# Older Nikon body for a photo newb?



## Nubster (Aug 9, 2011)

Friend of mine is really wanting to get in to photography and wants a DSLR but has little money. I suggested an older used body. So I was looking around and I found the following bodies for very close to the same price...just looking for thoughts on which would be the better ones to consider...

D40
D50
D70 - Had one...nice little camera.
D70S
D80 - Had one, loved it, might be just out of his budget, it's the most expensive one on the list.
D100
D3000


----------



## TickleMyElmo (Aug 13, 2009)

Go for the D40, awesome little camera! Cheap too, you can find them for like $250 for the body, maybe $300 with a kit lens.

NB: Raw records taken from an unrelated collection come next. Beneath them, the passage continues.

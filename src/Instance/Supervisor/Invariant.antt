-- ===== src/Instance/Supervisor/Invariant.antt =====
-- The supervisor's invariant: the allocated ports are exactly those of its workers.
use copilot_pool_gateway.Base.{
  ℕ, ◌≤◌, String, ◌≡◌, refl, sym, ◌∙◌, Bool, true, Option, none, some, arith, eq_refl, eqb_iff,
}
use copilot_pool_gateway.Base.StringMap.{get, put, Distinct, put-Distinct, remove-Distinct, get-put}
use copilot_pool_gateway.Instance.Ports.{PortPool, release}
use copilot_pool_gateway.Instance.Ports.Laws.{Granted}
use copilot_pool_gateway.Instance.Supervisor.{
  Supervisor, Worker, stopping, with_status, set_worker, mark_start_timeout, mark_crashed,
}
use copilot_pool_gateway.Instance.Supervisor.Table.{
  PortsApart, Named, port_used, used-put_new, apart-put_new, used-put_same, apart-put_same,
  used-remove, apart-remove, put-Named, remove-Named, get-Named,
}
use copilot_pool_gateway.Instance.Supervisor.Stop.{
  Exit, exits, outlives, tear_down, stop_worker, stop,
}

pub record IsConsistent (s : Supervisor) : Type 0 where
  pub distinct : Distinct s.workers
  pub apart : PortsApart s.workers
  pub named : Named s.workers
  pub proper : s.ports.start ≤ s.ports.end
  -- a port is allocated exactly while a worker has it
  pub owned : (p : ℕ) → s.ports.allocated p ≡ port_used p s.workers
  pub above : (p : ℕ) → s.ports.allocated p ≡ true → s.ports.start ≤ p
  pub below : (p : ℕ) → s.ports.allocated p ≡ true → p ≤ s.ports.end

-- Changing a worker in place, without its account and port, keeps the invariant.
pub put_same-IsConsistent :
    (s : Supervisor) (id : String) (v w : Worker)
    → IsConsistent s
    → get s.workers id ≡ some v
    → w.entry.port ≡ v.entry.port
    → w.entry.account_id ≡ v.entry.account_id
    → IsConsistent (record s { workers = put s.workers id w })
put_same-IsConsistent s id v w c h same_port same_id = record {
  distinct = put-Distinct s.workers id w c.distinct;
  apart = apart-put_same s.workers id v w h same_port c.apart;
  named = put-Named s.workers id w (same_id ∙ get-Named s.workers id v c.named h) c.named;
  proper = c.proper;
  owned = λ p. c.owned p ∙ sym (used-put_same p s.workers id v w h same_port);
  above = c.above;
  below = c.below;
}

-- Registering a worker on a port that the pool grants keeps the invariant.
pub register-IsConsistent :
    (s : Supervisor) (bindable : ℕ → Bool) (id : String) (w : Worker) (ports : PortPool)
    → IsConsistent s
    → get s.workers id ≡ none
    → w.entry.account_id ≡ id
    → Granted bindable s.ports w.entry.port ports
    → IsConsistent (record s { ports = ports; workers = put s.workers id w })
register-IsConsistent s bindable id w ports c new named g = record {
  distinct = put-Distinct s.workers id w c.distinct;
  apart = apart-put_new s.workers id w new (sym (c.owned w.entry.port) ∙ g.was_free) c.apart;
  named = put-Named s.workers id w named c.named;
  proper = ground (arith, g.same_start, g.same_end);
  owned = λ p. ground (arith, g.marks p, c.owned p, used-put_new p s.workers id w new);
  above = λ p h. ground (arith, g.marks p, c.above p, g.same_start, eqb_iff w.entry.port p);
  below = λ p h. ground (arith, g.marks p, c.below p, g.same_end, eqb_iff w.entry.port p);
}

-- The teardown of a worker, by its port.
tear_down-IsConsistent :
    (s : Supervisor) (id : String) (v w : Worker)
    → IsConsistent s
    → get s.workers id ≡ some v
    → w.entry.port ≡ v.entry.port
    → IsConsistent (tear_down id w s)
unfolding tear_down release
tear_down-IsConsistent s id v w c h e = record {
  distinct = remove-Distinct s.workers id c.distinct;
  apart = apart-remove s.workers id v c.distinct c.apart h;
  named = remove-Named s.workers id c.named;
  proper = c.proper;
  owned = λ p. ground (arith, c.owned p, used-remove p s.workers id v c.distinct c.apart h);
  above = λ p x. ground (arith, c.above p);
  below = λ p x. ground (arith, c.below p);
}

-- A change in place by a function that keeps account and port.
set_worker-IsConsistent :
    (s : Supervisor) (id : String) (f : Worker → Worker) (o : Option Worker)
    → ((w : Worker) → (f w).entry.port ≡ w.entry.port)
    → ((w : Worker) → (f w).entry.account_id ≡ w.entry.account_id)
    → get s.workers id ≡ o
    → IsConsistent s
    → IsConsistent (set_worker id f o s)
set_worker-IsConsistent s id f none port name e c = c
set_worker-IsConsistent s id f (some w) port name e c =
    put_same-IsConsistent s id w (f w) c e (port w) (name w)

pub mark_start_timeout-IsConsistent :
    (id : String) (cause : Option String) (s : Supervisor)
    → IsConsistent s
    → IsConsistent (mark_start_timeout id cause s)
unfolding mark_start_timeout
mark_start_timeout-IsConsistent id cause s c =
    set_worker-IsConsistent s id _ _ (λ w. refl) (λ w. refl) refl c

pub mark_crashed-IsConsistent :
    (id : String) (cause : Option String) (s : Supervisor)
    → IsConsistent s
    → IsConsistent (mark_crashed id cause s)
unfolding mark_crashed
mark_crashed-IsConsistent id cause s c =
    set_worker-IsConsistent s id _ _ (λ w. ground arith) (λ w. ground arith) refl c

stop_worker-IsConsistent :
    (outcome : Exit) (id : String) (o : Option Worker) (s : Supervisor)
    → get s.workers id ≡ o
    → IsConsistent s
    → IsConsistent (stop_worker outcome id o s).1
unfolding stop_worker
stop_worker-IsConsistent outcome id none s e c = c
stop_worker-IsConsistent exits id (some w) s e c =
    tear_down-IsConsistent _ id (with_status stopping w) w
      (put_same-IsConsistent s id w (with_status stopping w) c e refl refl)
      (ground (arith, get-put s.workers id id (with_status stopping w), eq_refl id)) refl
stop_worker-IsConsistent outlives id (some w) s e c =
    put_same-IsConsistent s id w (with_status stopping w) c e refl refl

pub stop-IsConsistent :
    (outcome : Exit) (id : String) (s : Supervisor)
    → IsConsistent s
    → IsConsistent (stop outcome id s).1
unfolding stop
stop-IsConsistent outcome id s c = stop_worker-IsConsistent outcome id _ s refl c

I had one as a walk around camera for a while, I really enjoyed it....


----------



## zdnet (Aug 13, 2010)

Nubster said:


> Friend of mine is really wanting to get in to photography and wants a DSLR but has little money. I suggested an older used body. So I was looking around and I found the following bodies for very close to the same price...just looking for thoughts on which would be the better ones to consider...
> 
> D40
> D50
> ...


Note that D40, D50, and D3000 do NOT support commander mode with their built-in flash. The rest in your list do.


----------



## FinalJenemba (Dec 2, 2011)

Skip the D100 and the mini Nikons. The D80 is worth over the others by a mile. Is there any way he can swing a D200? It can save money in the long ring since it can meter classic glass...


----------



## Nubster (Aug 9, 2011)

Yeah, I don't think he can or will go for the D200. I had one and I thought it was fantastic. I know the D80 is great too but I don't know if he will spring for that. We are both college students so things are a little tight with cash, good thing is we graduate in a few weeks so with a bit of luck, he'll be working at a good job soon and will be able to afford the nicer camera.


----------



## Mr. Appleton (Jul 1, 2011)

Biggest thing to consider here may be what kind of lenses you're going to be running with. Of note, the D40 doesn't have an in-camera motor so you would be limited to AF-S lenses if you want auto-focus or having to learn how to manual focus/meter. Personally, I think it's a great exercise that'll help you're understanding of exposure and composition a great deal, but it's a decision that you'll have to make yourself as it'll significantly influence what kind of lenses you can buy.

I started with the D40 and used it for a couple of years quite happily before I upgraded. It's super compact and quite proficient at what it does. Just need to consider that it doesn't have a motor.


----------